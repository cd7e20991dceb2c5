-- ===== src/Connections/Staleness.antt =====
-- The answer none of `get_valid_access_token` of connections_service.py.
use lehen.Prelude.{
  ℕ, ◌+◌, String, Option, none, some, List, [], ◌∷◌, ◌≡◌, refl, sym, subst, ap, ◌∙◌, arith, map,
  ltb, filter, ◌==◌, eq_iff, Bool-cases, Option-cases, inl, inr,
}
use lehen.Prelude.Effects.{Result, ok, bind_ok, bind_err, Result-cases, pure}
use lehen.Arcade.{Arcade, select}
use lehen.Arcade.Counts.{select-update_same}
use lehen.Hub.{Bytes, Connection, World, Host}
use lehen.Connections.Rows.{first}
use lehen.Oauth.Tokens.{OAuthTokens}
use lehen.Connections.Tokens.{
  TokenIo, usable, mark_row_stale, fetch_connection_row, decode_token_blob, mark_stale,
  persist_tokens, refresh_once, after_refresh, use_tokens, get_valid_access_token,
}

usable-stale : (xs : List Connection) → usable (first (map mark_row_stale xs)) ≡ none
usable-stale [] = refl
usable-stale (x ∷ xs) = refl

-- What is usable was found, and the query that found it knows its id.
usable-id :
    (connection_id : String) (xs : List Connection) {row : Connection}
    → usable (first (filter (λ c. c.id == connection_id) xs)) ≡ some row
    → row.id ≡ connection_id
usable-id connection_id [] h = cc
usable-id connection_id (x ∷ xs) h = elim (Bool-cases (x.id == connection_id)) [
  | inl found ↦ let k = rw found at h in ground (arith, k, eq_iff x.id connection_id)
  | inr skipped ↦ usable-id connection_id xs (rw skipped at h)
]

module _ (arcade : Arcade) (host : Host) (io : TokenIo) (key : Bytes) (connection_id : String) where
  -- If the call gave no token, the row cannot be used any more.
  abbrev Stops : Result (Option String) × World arcade → Type 0
  Stops x = x.0 ≡ ok none → fetch_connection_row arcade host io key connection_id x.1 ≡ none

  mark_stale-Stops :
      (row : Connection) (w : World arcade)
      → row.id ≡ connection_id
      → fetch_connection_row arcade host io key connection_id
          (mark_stale arcade host io key row.id w).1
        ≡ none
  unfolding mark_stale fetch_connection_row
  mark_stale-Stops row w own =
      let p = λ (c : Connection). c.id == connection_id in
      ap
        (λ i.
          usable
            (first (select arcade p (arcade.update (λ c. c.id == i) mark_row_stale w.connections))))
        own
      ∙ ap (λ l. usable (first l))
          (select-update_same arcade p mark_row_stale w.connections (λ c h. h))
      ∙ usable-stale (select arcade p w.connections)

  after_refresh-Stops :
      (row : Connection) (answer : Option OAuthTokens) (w : World arcade)
      → row.id ≡ connection_id
      → Stops (after_refresh arcade host io key row answer w)
  unfolding after_refresh
  after_refresh-Stops row none w own = λ h. mark_stale-Stops row w own
  after_refresh-Stops row (some t) w own = λ h.
      let persist = persist_tokens arcade host io key row.id t in
      let answered : World arcade → Result (Option String) × World arcade =
        pure (some t.access_token) in
      elim (Result-cases (persist w).0) [
        | inl (u, e) ↦
            let k = sym (ap (λ x. x.0) (bind_ok persist (λ _. answered) w e)) ∙ h in absurd (cc k)
        | inr (x, e) ↦
            let k = sym (ap (λ x. x.0) (bind_err persist (λ _. answered) w e)) ∙ h in absurd (cc k)
      ]

  use_tokens-Stops :
      (row : Connection) (skew now_ts : ℕ) (tokens : Option OAuthTokens) (w : World arcade)
      → row.id ≡ connection_id
      → Stops (use_tokens arcade host io key row skew now_ts tokens w)
  unfolding use_tokens
  use_tokens-Stops row skew now_ts none w own = λ h. mark_stale-Stops row w own
  use_tokens-Stops row skew now_ts (some t) w own =
      let refresh = refresh_once arcade host io key row t now_ts in
      let finish = after_refresh arcade host io key row in
      elim (Bool-cases (ltb (now_ts + skew) t.expires_at)) [
        | inl fresh ↦ rw fresh (λ h. absurd (cc h))
        | inr expired ↦ rw expired (elim (Result-cases (refresh w).0) [
          | inl (r, e) ↦
              subst Stops (sym (bind_ok refresh finish w e))
                (after_refresh-Stops row r (refresh w).1 own)
          | inr (x, e) ↦
              λ h. let k = sym (ap (λ x. x.0) (bind_err refresh finish w e)) ∙ h in absurd (cc k)
        ])
      ]

  -- Whenever the call returns without a token, for whatever reason, the row is unusable afterwards:
  -- until it is written again, every later call finds no row and returns no token either.
  pub token_or_stale :
      (skew now_ts : ℕ) (w : World arcade)
      → (get_valid_access_token arcade host io key connection_id skew now_ts w).0 ≡ ok none
      → let w' = (get_valid_access_token arcade host io key connection_id skew now_ts w).1 in
        (fetch_connection_row arcade host io key connection_id w' ≡ none)
        × ((skew' later : ℕ)
            → get_valid_access_token arcade host io key connection_id skew' later w'
              ≡ (ok none, w'))
  unfolding get_valid_access_token fetch_connection_row
  token_or_stale skew now_ts w h =
      let call = get_valid_access_token arcade host io key connection_id skew now_ts in
      let gone : Stops (call w) =
        elim (Option-cases (fetch_connection_row arcade host io key connection_id w)) [
          | inl missing ↦ rw missing (λ _. missing)
          | inr (row, found) ↦ rw found (
              use_tokens-Stops row skew now_ts (decode_token_blob arcade host io key row) w
                (usable-id connection_id (arcade.rows w.connections) found))
        ] in
      (gone h, λ skew' later. rw (gone h) refl)
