-- ===== src/Display/Truncate.antt =====
-- client/src/cli/display.c: `utf8_truncate`, which cuts a subject to its column.
use shyake.Base.{
  ℕ, zero, suc, ◌+◌, ◌-◌, ◌≤◌, ◌<◌, ◌≡◌, refl, ap, ◌∙◌, sym, inl, inr, Bool, true, false, Bytes, [],
  ◌∷◌, ◌++◌, codes, take, take_all, ltb, leb, length, length-append, length-take, if◌then◌else◌,
  Bool-cases, arith, append_assoc, take-append_eq,
}
use shyake.Display.Utf8.{decode, shown_width, utf8_display_width, is_continuation}
use shyake.Display.Width.{
  decode_shorter, decode_suffix, IsFresh, utf8_display_width-append, continuation_width,
  utf8_display_width_step,
}

-- The scan to `limit_w`, at most `fuel` rounds: `last_safe`, as the text behind it, and `accum`.
unfoldable pub scan : ℕ → ℕ → ℕ → Bytes → Bytes × ℕ
unfolding decode shown_width
scan zero limit_w accum p = (p, accum)
scan (suc fuel) limit_w accum [] = ([], accum)
scan (suc fuel) limit_w accum (c ∷ s) =
    let (cp, rest) = decode c s in
    let cw = shown_width cp in
    let later = scan fuel limit_w (accum + cw) rest in
    if ltb limit_w (accum + cw) then (c ∷ s, accum) else later

-- `utf8_truncate`: what `buf` holds, and the result. The subtraction of the source stops at 0 as its
-- test of a negative `head` does.
unfoldable pub utf8_truncate : Bytes → ℕ → ℕ → Bytes × ℕ
unfolding utf8_display_width scan
utf8_truncate src buf_sz max_w =
    let total_w = utf8_display_width src in
    let (last_safe, accum) = scan (length src) (max_w - 3) 0 src in
    let head = length src - length last_safe in
    let head' = if leb buf_sz (head + 3) then buf_sz - 3 - 1 else head in
    if ltb max_w 3
    then ([], 0)
    else if leb total_w max_w
    then (take (if leb buf_sz (length src) then buf_sz - 1 else length src) src, total_w)
    else (take head' src ++ codes "...", accum + 3)

-- Where the scan stops: behind a part of the text that is as wide as it says, within the limit, and
-- not inside a code point.
abbrev pub StopsAt : ℕ → ℕ → Bytes → Bytes × ℕ → Type 0
StopsAt limit_w accum s (last_safe, accum') =
    (head : Bytes) × (s ≡ head ++ last_safe)
    × (accum' ≡ accum + utf8_display_width head)
    × (accum' ≤ limit_w)
    × IsFresh last_safe

step-StopsAt :
    (limit_w accum c : ℕ) (s : Bytes) (r : Bytes × ℕ)
    → StopsAt limit_w (accum + shown_width (decode c s).0) (decode c s).1 r
    → StopsAt limit_w accum (c ∷ s) r
step-StopsAt limit_w accum c s (safe, w) (head, e, m, below, fresh) =
    let (front, f) = decode_suffix c s in
    let whole : c ∷ s ≡ c ∷ (front ++ head) ++ safe =
      ap (λ (t : Bytes). c ∷ t)
        (f ∙ rw (append_assoc front head safe) (ap (λ (t : Bytes). front ++ t) e)) in
    let sum = utf8_display_width-append (c ∷ (front ++ head)) safe fresh in
    let part = ap utf8_display_width e ∙ utf8_display_width-append head safe fresh in
    let total = sym (utf8_display_width_step c s) ∙ ap utf8_display_width whole ∙ sum in
    (c ∷ (front ++ head), whole, omega (arith, part, total), below, fresh)

nothing_wide : utf8_display_width [] ≡ 0
unfolding utf8_display_width
nothing_wide = refl

fresh_at :
    (c : ℕ) (s : Bytes) {limit_w accum : ℕ} (b : Bool)
    → is_continuation c ≡ b
    → ltb limit_w (accum + shown_width (decode c s).0) ≡ true
    → accum ≤ limit_w
    → is_continuation c ≡ false
fresh_at c s false e full k = e
fresh_at c s true e full k = let none = continuation_width c s e in absurd (ground (arith, none))

within_limit : (limit_w w : ℕ) → ltb limit_w w ≡ false → w ≤ limit_w
within_limit limit_w w h = ground arith

scan-StopsAt :
    (fuel limit_w accum : ℕ) (s : Bytes)
    → length s ≤ fuel
    → accum ≤ limit_w
    → StopsAt limit_w accum s (scan fuel limit_w accum s)
unfolding scan
scan-StopsAt zero limit_w accum [] h k = ([], refl, omega (arith, nothing_wide), k, tt)
scan-StopsAt zero limit_w accum (c ∷ s) h k = absurd (omega arith)
scan-StopsAt (suc fuel) limit_w accum [] h k = ([], refl, omega (arith, nothing_wide), k, tt)
scan-StopsAt (suc fuel) limit_w accum (c ∷ s) h k =
    elim (Bool-cases (ltb limit_w (accum + shown_width (decode c s).0))) [
      | inl full ↦
          rw full
            ([], refl, omega (arith, nothing_wide), k, fresh_at c s (is_continuation c) refl full k)
      | inr room ↦ rw room (
          step-StopsAt limit_w accum c s _ (
            scan-StopsAt fuel limit_w (accum + shown_width (decode c s).0) (decode c s).1
              (omega (arith, decode_shorter c s)) (within_limit _ _ room)))
    ]

cut_length :
    (src : Bytes) (buf_sz head : ℕ)
    → 4 ≤ buf_sz
    → length (take (if leb buf_sz (head + 3) then buf_sz - 3 - 1 else head) src ++ codes "...")
      < buf_sz
cut_length src buf_sz head h = elim (Bool-cases (leb buf_sz (head + 3))) [
  | inl long ↦ rw long (
      ground (
        arith,
        length-append (take (buf_sz - 3 - 1) src) (codes "..."),
        length-take (buf_sz - 3 - 1) src,
      ))
  | inr short ↦
      rw short (ground (arith, length-append (take head src) (codes "..."), length-take head src))
]

-- The text and its NUL are within the buffer, and the width that is returned within the column.
pub utf8_truncate_fits :
    (src : Bytes) (buf_sz max_w : ℕ)
    → 4 ≤ buf_sz
    → (length (utf8_truncate src buf_sz max_w).0 < buf_sz)
      × ((utf8_truncate src buf_sz max_w).1 ≤ max_w)
unfolding utf8_truncate
utf8_truncate_fits src buf_sz max_w h = elim (Bool-cases (ltb max_w 3)) [
  | inl narrow ↦ rw narrow (omega arith, omega arith)
  | inr wide ↦ elim (Bool-cases (leb (utf8_display_width src) max_w)) [
    | inl whole ↦
        rw (wide, whole)
          (
            (elim (Bool-cases (leb buf_sz (length src))) [
              | inl long ↦ rw long (ground (arith, length-take (buf_sz - 1) src))
              | inr short ↦ rw short (ground (arith, length-take (length src) src))
            ]),
            ground arith,
          )
    | inr cut ↦
        let (safe, accum) : Bytes × ℕ = scan (length src) (max_w - 3) 0 src in
        let (head, e, m, below, fresh) =
          scan-StopsAt (length src) (max_w - 3) 0 src (omega arith) (omega arith) in
        rw (wide, cut) (cut_length src buf_sz (length src - length safe) h, ground arith)
  ]
]

dots_wide : utf8_display_width (codes "...") ≡ 3
unfolding utf8_display_width
dots_wide = refl

cut_width :
    (src head : Bytes) (r : Bytes × ℕ) (buf_sz : ℕ)
    → length src + 4 ≤ buf_sz
    → src ≡ head ++ r.0
    → r.1 ≡ 0 + utf8_display_width head
    → utf8_display_width (
        take
          (if leb buf_sz (length src - length r.0 + 3)
            then buf_sz - 3 - 1
            else length src - length r.0)
          src
        ++ codes "...")
      ≡ r.1 + 3
cut_width src head (safe, accum) buf_sz h e m =
    let short : leb buf_sz (length src - length safe + 3) ≡ false = ground arith in
    let l = ap (λ (t : Bytes). length t) e ∙ length-append head safe in
    let n : length src - length safe ≡ length head = omega arith in
    let front : take (length head) src ≡ head =
      rw e (take-append_eq (length head) head safe refl) in
    rw (short, n, front)
      (omega (arith, utf8_display_width-append head (codes "...") refl, dots_wide))

-- Where the buffer has room for the whole text and the dots, the width that is returned is the width
-- of what was written.
utf8_truncate_width :
    (src : Bytes) (buf_sz max_w : ℕ)
    → length src + 4 ≤ buf_sz
    → utf8_display_width (utf8_truncate src buf_sz max_w).0 ≡ (utf8_truncate src buf_sz max_w).1
unfolding utf8_truncate
utf8_truncate_width src buf_sz max_w h = elim (Bool-cases (ltb max_w 3)) [
  | inl narrow ↦ rw narrow nothing_wide
  | inr wide ↦ elim (Bool-cases (leb (utf8_display_width src) max_w)) [
    | inl whole ↦
        let short : leb buf_sz (length src) ≡ false = ground arith in
        rw (wide, whole, short) (ap utf8_display_width (take_all (length src) src (omega arith)))
    | inr cut ↦
        let (head, e, m, below, fresh) =
          scan-StopsAt (length src) (max_w - 3) 0 src (omega arith) (omega arith) in
        rw (wide, cut) (cut_width src head (scan (length src) (max_w - 3) 0 src) buf_sz h e m)
  ]
]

■ **Work item**
Examine the listing and count its lines containing the word "abbrev". State the count alone.

■ **Written answer**
2